=== What you should do ===
Search the material for the word "Runtime" and copy each line that holds it.

──────── Entries supplied

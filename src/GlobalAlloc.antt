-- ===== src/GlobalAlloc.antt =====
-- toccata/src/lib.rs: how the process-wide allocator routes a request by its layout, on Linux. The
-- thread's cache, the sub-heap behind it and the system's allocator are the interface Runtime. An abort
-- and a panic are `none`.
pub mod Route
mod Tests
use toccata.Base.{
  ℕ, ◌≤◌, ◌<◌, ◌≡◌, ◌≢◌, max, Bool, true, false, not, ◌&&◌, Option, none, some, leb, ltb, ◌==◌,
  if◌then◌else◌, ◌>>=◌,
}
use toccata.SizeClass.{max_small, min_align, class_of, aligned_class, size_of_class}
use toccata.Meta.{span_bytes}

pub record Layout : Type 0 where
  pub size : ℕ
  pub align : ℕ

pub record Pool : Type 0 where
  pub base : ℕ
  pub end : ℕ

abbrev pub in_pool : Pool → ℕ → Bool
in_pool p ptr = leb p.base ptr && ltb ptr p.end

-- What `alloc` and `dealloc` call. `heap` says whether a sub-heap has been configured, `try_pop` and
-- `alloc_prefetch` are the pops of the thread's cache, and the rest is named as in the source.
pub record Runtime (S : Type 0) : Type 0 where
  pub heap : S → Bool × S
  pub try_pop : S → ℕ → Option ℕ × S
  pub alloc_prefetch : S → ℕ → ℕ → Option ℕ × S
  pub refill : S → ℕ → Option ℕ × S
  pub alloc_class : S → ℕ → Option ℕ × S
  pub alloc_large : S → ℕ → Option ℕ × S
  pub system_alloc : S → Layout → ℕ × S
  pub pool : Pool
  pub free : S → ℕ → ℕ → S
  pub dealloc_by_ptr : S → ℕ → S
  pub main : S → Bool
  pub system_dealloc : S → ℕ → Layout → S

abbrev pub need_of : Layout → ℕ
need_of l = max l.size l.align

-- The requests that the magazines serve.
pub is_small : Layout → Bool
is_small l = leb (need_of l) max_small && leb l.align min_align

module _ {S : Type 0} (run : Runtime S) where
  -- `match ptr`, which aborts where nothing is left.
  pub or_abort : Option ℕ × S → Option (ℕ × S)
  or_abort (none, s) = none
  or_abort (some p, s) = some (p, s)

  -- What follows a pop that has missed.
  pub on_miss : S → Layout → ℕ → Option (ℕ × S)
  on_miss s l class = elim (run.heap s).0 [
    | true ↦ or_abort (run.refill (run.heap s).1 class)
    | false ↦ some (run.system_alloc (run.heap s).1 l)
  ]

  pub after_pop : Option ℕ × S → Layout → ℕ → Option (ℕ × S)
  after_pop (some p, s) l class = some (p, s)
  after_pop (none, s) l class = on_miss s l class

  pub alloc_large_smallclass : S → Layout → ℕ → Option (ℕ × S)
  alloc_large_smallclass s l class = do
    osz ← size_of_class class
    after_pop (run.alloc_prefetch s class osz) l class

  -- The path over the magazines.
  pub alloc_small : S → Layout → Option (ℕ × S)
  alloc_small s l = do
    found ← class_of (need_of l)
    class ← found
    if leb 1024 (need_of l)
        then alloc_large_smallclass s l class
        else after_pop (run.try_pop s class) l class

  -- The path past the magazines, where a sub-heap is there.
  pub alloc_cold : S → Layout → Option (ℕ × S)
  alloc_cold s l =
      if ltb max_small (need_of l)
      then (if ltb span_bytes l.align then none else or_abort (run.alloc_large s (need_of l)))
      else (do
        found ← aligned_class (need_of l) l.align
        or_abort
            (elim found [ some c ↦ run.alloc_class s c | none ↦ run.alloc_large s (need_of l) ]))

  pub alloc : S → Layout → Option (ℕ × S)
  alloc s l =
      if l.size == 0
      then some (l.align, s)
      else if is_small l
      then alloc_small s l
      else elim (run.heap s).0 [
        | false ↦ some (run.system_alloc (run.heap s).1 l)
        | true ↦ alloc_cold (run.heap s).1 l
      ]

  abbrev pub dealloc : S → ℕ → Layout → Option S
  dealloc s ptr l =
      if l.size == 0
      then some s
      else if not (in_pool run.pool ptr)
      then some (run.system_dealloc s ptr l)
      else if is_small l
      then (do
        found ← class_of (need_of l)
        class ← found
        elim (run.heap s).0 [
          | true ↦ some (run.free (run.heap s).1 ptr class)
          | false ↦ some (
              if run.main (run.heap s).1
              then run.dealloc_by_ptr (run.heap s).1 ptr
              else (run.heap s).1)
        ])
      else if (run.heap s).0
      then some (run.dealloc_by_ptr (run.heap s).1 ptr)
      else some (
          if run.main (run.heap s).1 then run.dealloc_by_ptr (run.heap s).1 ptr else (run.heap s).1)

────────────────

=== Final answer ===
-- thread's cache, the sub-heap behind it and the system's allocator are the interface Runtime. An abort
pub record Runtime (S : Type 0) : Type 0 where
module _ {S : Type 0} (run : Runtime S) where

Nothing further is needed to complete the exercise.